Well obviously, when we are trying to characterize networks in terms of basic
properties that they have knowing whether the most nodes have very similar degrees
or very different degrees can give us a lot of information.
So for instance you know, whether everybody has one or two links or some of
the nodes have eight and others have one, that's going to give us a very different
kind of network. And that different kind of network's
going to have different properties in terms of its difusion properties, its
path links and other kinds of things. So, you know, what we looked at in terms
of the GMP graph had, most nodes had order of magnitude, similar degrees to
each other. let's look at this in, in a little bit
more detail. So when we look at say these Erdos-Renyi
GNP random graphs. well the, the chance that a given node
has exactly d links, is just follows what's known as a binomial distribution.
Right? So the chance that I have exactly d links
present and d the rest of them not present, well I have chance p of a given
link being present raised to the dth power, then 1 minus p raised to the n
minus 1 minus d power. And how many different ways could I have
actually picked the, the other d nodes that I'm connected to?
well there's n minus 1 factorial over d factorial times n minus 1 minus d
factorial. So basically this is what's known as n
minus 1 choose d. that's the combinatorics of how many
different ways I could have exactly d neighbors out of a population of n minus
1 possible other neighbors. Okay, so that, that's a binomial
distribution. And these networks are also known
sometimes as Bernoulli because you know, you're flipping coins, binomial or, or
Poisson random graphs. Why Poisson?
Well, if you want to approximate this if you want to approximate this formula for
large n and relatively small p. the, when you look at 1 minus p raised to
the n minus 1 minus d power, this looks roughly like e to the minus n minus 1, p.
And this combinatoric choose the expression looks roughly like n minus 1
to the d over d facotiral.

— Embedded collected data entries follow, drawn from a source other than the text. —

-- ===== src/Actions/Lifecycle/Approve.antt =====
-- `ApprovalLifecycleService.approve` and `_persist_escalation`
mod Escalate
unfoldable pub use Escalate.*
use queryops_ai.Prelude.{
  ℕ, String, Bool, true, false, not, ◌&&◌, ◌||◌, Option, none, some, List, [], ◌∷◌, ◌==◌, str_eq,
  any, select, length, if◌then◌else◌,
}
use queryops_ai.Prelude.Uuid.{Uuid, uuid_str}
use queryops_ai.Prelude.Int.{pos}
use queryops_ai.Prelude.Json
use queryops_ai.Prelude.Json.{Fields}
use queryops_ai.Auth.Permissions.{AppUser}
use queryops_ai.Auth.Context.{UserAccessContext}
use queryops_ai.Actions.Policy.{ActionPolicyDecision, ApprovalQuestion, evaluate_action_approval}
use queryops_ai.Actions.Rows.{
  ActionRequest, ApprovalRequest, ActionStatus, AuditLog, Notification, is_pending_approval,
  is_pending, status_value,
}
use queryops_ai.Actions.Audit.{build_action_audit_log}
use queryops_ai.Actions.Notifications.{
  approval_decision, or_empty, eligible_approvers, build_pending_approval_notifications,
}
use queryops_ai.Actions.Session.{
  Session, update_where, rollback, commit, save_action, save_approval, add_audits,
  add_notifications,
}
use queryops_ai.Actions.Lifecycle.Base.{
  Outcome, returned, raised, crashed, ServiceError, not_found, forbidden, already_processed,
  internal_error, ahead, dict_of, locked_pair, is_pending_expired, require_pending, commit_or_fail,
}
use queryops_ai.Actions.Lifecycle.Reject.{expire_and_raise}
use queryops_ai.Actions.Lifecycle.Handlers.{
  Revalidation, Handler, Engine, require_action_revalidation, is_stable_execution_set,
}
use queryops_ai.Actions.Lifecycle.Complete.{complete_success}
use queryops_ai.Actions.Lifecycle.Failure.{persist_execution_failure}

module _ {D : Type 0} (iso : ℕ → String) (engine : Engine D) (user : AppUser)
    (context : UserAccessContext) (reason : String) (now : ℕ) where
  abbrev pub completed_reply :
      ActionRequest → ApprovalRequest → Revalidation → List Uuid → Bool → ApproveReply
  completed_reply a p r executed self_approved = record {
    approval_id = uuid_str p.id;
    action_request_id = uuid_str a.id;
    status = status_value ActionStatus.completed;
    executed_records_count = length executed;
    skipped_records_count = a.skipped_count;
    self_approved = self_approved;
    override_used = r.requires_policy_override;
    completed_at = iso now;
  }

  -- The last `db.commit()`; its failure is one more exception of the execution.
  abbrev pub commit_success : ApproveReply → Session D → Attempt D
  commit_success reply s =
      let (s', done) = commit s in
      if done then settled (returned reply) s' else broke "execution_failed" s'

  abbrev pub claimed_action : ActionRequest → ActionRequest
  claimed_action a = record a { status = ActionStatus.approved_executing; approved_at = some now }

  -- What follows a successful execution: the completion and the commit.
  unfoldable pub after_execution :
      ActionRequest → ApprovalRequest → Revalidation → Bool → Session D → List Uuid × D → Attempt D
  after_execution a p r self_approved claimed (executed, domain) =
      let ran : Session D = record claimed {
        working = record claimed.working { domain = domain };
      } in
      or_broke (complete_success user reason now a p r executed self_approved ran)
        "execution_failed" ran
        (λ (a', done). commit_success (completed_reply a' p r executed self_approved) done)

  -- The claim of the action row, and the execution.
  unfoldable pub execute_claimed :
      Handler D
      → ActionRequest
      → ApprovalRequest
      → Revalidation
      → ActionPolicyDecision
      → Session D
      → Attempt D
  execute_claimed handler a p r decision s =
      let (actions, changed) =
        update_where s.working.actions a.id
          (λ (row : ActionRequest). is_pending_approval row.status && ahead row.expires_at now)
          claimed_action in
      let claimed : Session D = record s { working = record s.working { actions = actions } } in
      if not (changed == 1) || not (is_pending p.status)
      then settled (raised already_processed) (rollback claimed)
      else or_broke (handler.execute s.working.domain a user.id r now) "execution_failed" claimed
          (after_execution a p r decision.self_approved claimed)

  -- `current_decision`: the policy on what has been revalidated.
  abbrev pub current_question : ActionRequest → Revalidation → ApprovalQuestion
  current_question a r = record {
    requester_app_user_id = a.requested_by_app_user_id;
    scope_type = or_empty a.scope_type;
    scope_key = or_empty a.scope_key;
    record_count = pos (length r.executable_ids);
    crosses_scopes = r.crosses_scopes;
    requires_policy_override = r.requires_policy_override;
  }

  unfoldable pub decide :
      Handler D → ActionRequest → ApprovalRequest → Revalidation → Session D → Attempt D
  decide handler a p r s =
      let decision = evaluate_action_approval context (current_question a r) in
      if not decision.allowed
      then denied iso engine user context reason now a p r decision s
      else execute_claimed handler a p r decision s

  -- What the other transactions committed while the lock waited is there for everybody.
  abbrev pub with_domain : D → Session D → Session D
  with_domain d s = record s {
    saved = record s.saved { domain = d };
    working = record s.working { domain = d };
  }

  -- The `try` block: both revalidations around the locking of the dependencies.
  unfoldable pub attempt : ActionRequest → ApprovalRequest → Session D → Attempt D
  attempt a p s =
      if not (engine.validates a)
      then broke "validation_failed" s
      else or_broke (engine.registry a.action_type) "validation_failed" s (λ handler.
        or_broke
          (require_action_revalidation a.action_type
            (handler.revalidate s.working.domain a context now))
          "validation_failed" s
          (λ initial.
            or_broke (engine.lock s.working.domain initial) "validation_failed" s (λ domain.
              let locked = with_domain domain s in
              or_broke
                (require_action_revalidation a.action_type
                  (handler.revalidate domain a context now))
                "validation_failed" locked
                (λ r.
                  if not (is_stable_execution_set initial r)
                  then broke "validation_failed" locked
                  else decide handler a p r locked))))

  abbrev pub failed_reply : ActionRequest → ApprovalRequest → ApproveReply
  failed_reply a p = record {
    approval_id = uuid_str p.id;
    action_request_id = uuid_str a.id;
    status = status_value ActionStatus.failed;
    executed_records_count = 0;
    skipped_records_count = 0;
    self_approved = (approval_decision a context).self_approved;
    override_used = false;
    completed_at = iso now;
  }

  abbrev pub after_failure :
      ActionRequest → ApprovalRequest → Option Bool × Session D → Outcome ApproveReply × Session D
  after_failure a p (none, s) =
      (raised (internal_error "The action could not be completed safely."), rollback s)
  after_failure a p (some false, s) = (raised already_processed, s)
  after_failure a p (some true, s) = (returned (failed_reply a p), s)

  -- `db.rollback()` gives up the locks.
  abbrev pub released : Session D → Session D
  released s = record s { saved = engine.meanwhile s.saved; working = engine.meanwhile s.saved }

  -- The `except Exception` block.
  unfoldable pub recover :
      ActionRequest → ApprovalRequest → Attempt D → Outcome ApproveReply × Session D
  recover a p (settled outcome s) = (outcome, s)
  recover a p (broke category s) =
      after_failure a p (persist_execution_failure user reason now category a.id p.id (released s))

  abbrev pub approve_checked :
      ActionRequest
      → ApprovalRequest
      → Session D
      → Option ServiceError
      → Outcome ApproveReply × Session D
  approve_checked a p s (some e) = (raised e, s)
  approve_checked a p s none = recover a p (attempt a p s)

  unfoldable pub approve_pair :
      ActionRequest → ApprovalRequest → Session D → Outcome ApproveReply × Session D
  approve_pair a p s =
      if not (approval_decision a context).allowed
      then (raised not_found, s)
      else if is_pending_expired a p now
      then expire_and_raise user now a p s
      else approve_checked a p s (require_pending a p now)

  unfoldable pub approve : Uuid → Session D → Outcome ApproveReply × Session D
  approve approval_id s = elim (locked_pair s.working approval_id) [
    | none ↦ (raised not_found, s)
    | some (a, p) ↦ approve_pair a p s
  ]
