-- ===== src/Actions/Lifecycle/Dedupe.antt =====
-- `_dedupe_notifications`
use queryops_ai.Prelude.{
  Bool, true, not, ◌&&◌, ◌||◌, List, [], ◌∷◌, any, ◌≡◌, refl, ◌∙◌, arith, eq_iff, Bool-cases, inl,
  inr,
}
use queryops_ai.Actions.Rows.{Notification}
use queryops_ai.Actions.Lifecycle.Complete.{same_key, place, place_all, dedupe_notifications}

-- No two of the notifications tell the same user the same of the same resource.
abbrev pub no_two : List Notification → Bool
no_two [] = true
no_two (n ∷ ns) = not (any (same_key n) ns) && no_two ns

same_key-left : (m n x : Notification) → same_key m n ≡ true → same_key m x ≡ same_key n x
same_key-left m n x h = ground (arith, eq_iff m.notification_type n.notification_type)

same_key-right : (k m n : Notification) → same_key m n ≡ true → same_key k m ≡ same_key k n
same_key-right k m n h = ground (arith, eq_iff m.notification_type n.notification_type)

any-place :
    (k n : Notification) (ms : List Notification)
    → any (same_key k) (place n ms) ≡ (same_key k n || any (same_key k) ms)
unfolding place
any-place k n [] = ground arith
any-place k n (m ∷ ms) = elim (Bool-cases (same_key m n)) [
  | inl same ↦ rw (same, same_key-right k m n same) (ground arith)
  | inr other ↦ rw other (ground (arith, any-place k n ms))
]

any-congruent :
    (m n : Notification) (xs : List Notification)
    → same_key m n ≡ true
    → any (same_key m) xs ≡ any (same_key n) xs
any-congruent m n [] h = refl
any-congruent m n (x ∷ xs) h = rw (same_key-left m n x h, any-congruent m n xs h) refl

place-no_two :
    (n : Notification) (ms : List Notification) → no_two ms ≡ true → no_two (place n ms) ≡ true
unfolding place
place-no_two n [] h = refl
place-no_two n (m ∷ ms) h = elim (Bool-cases (same_key m n)) [
  | inl same ↦ rw same (ground (arith, any-congruent m n ms same))
  | inr other ↦ rw other (ground (arith, any-place m n ms, place-no_two n ms))
]

place_all-no_two :
    (ns placed : List Notification) → no_two placed ≡ true → no_two (place_all ns placed) ≡ true
unfolding place_all
place_all-no_two [] placed h = h
place_all-no_two (n ∷ ns) placed h = place_all-no_two ns (place n placed) (place-no_two n placed h)

any-place_all :
    (k : Notification) (ns placed : List Notification)
    → any (same_key k) (place_all ns placed) ≡ (any (same_key k) ns || any (same_key k) placed)
unfolding place_all
any-place_all k [] placed = refl
any-place_all k (n ∷ ns) placed =
    any-place_all k ns (place n placed) ∙ ground (arith, any-place k n placed)

-- Deduplication keeps one notification of each recipient, type and resource: no two of the result
-- agree in all three, and each combination of the input is there, and no other.
pub dedupe_notifications-exact :
    (items : List Notification) (k : Notification)
    → (no_two (dedupe_notifications items) ≡ true)
      × (any (same_key k) (dedupe_notifications items) ≡ any (same_key k) items)
unfolding dedupe_notifications
dedupe_notifications-exact items k =
    (place_all-no_two items [] refl, any-place_all k items [] ∙ ground arith)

So when you, when you bring these two
factors together it's roughly n minus 1 to the d that you're left with, and this
is well approximated by e to the minus, n minus 1 to the p.
So, you know, the binomial approximation here, by a Poisson distribution means
that we can represent approximately the probability that a given node has exactly
d neighbors by, this formula here which is known as a Poisson distribution.
Okay, so lets have a look at some of these random networks, lets, this is
actually a random network I drew on 50 nodes with a probability 0.02 of having
any given pair of nodes connected. And this is one realization that was
drawn in what's known as UCINET, you can find that on the web if you want a
network package. It's one of several that we'll talk about
on the course. so I drew this using UCINET.
random graph 50 nodes 0.02. So let's have a look at the actual degree
distribution, compared to a Poisson approximation.
So if we have a Poisson approximation, where you had an expected probability of
links of 0.02. Then you would get the square dots here,
the realized frequency is by the diamonds.
And actually, these two are very difficult to tell apart.
So the frequency distribution of how many nodes have degree 1, degree 2, degree 3
and so forth. There's a couple of to few nodes that,
that had degree two, but everywhere else we're pretty much on the graph.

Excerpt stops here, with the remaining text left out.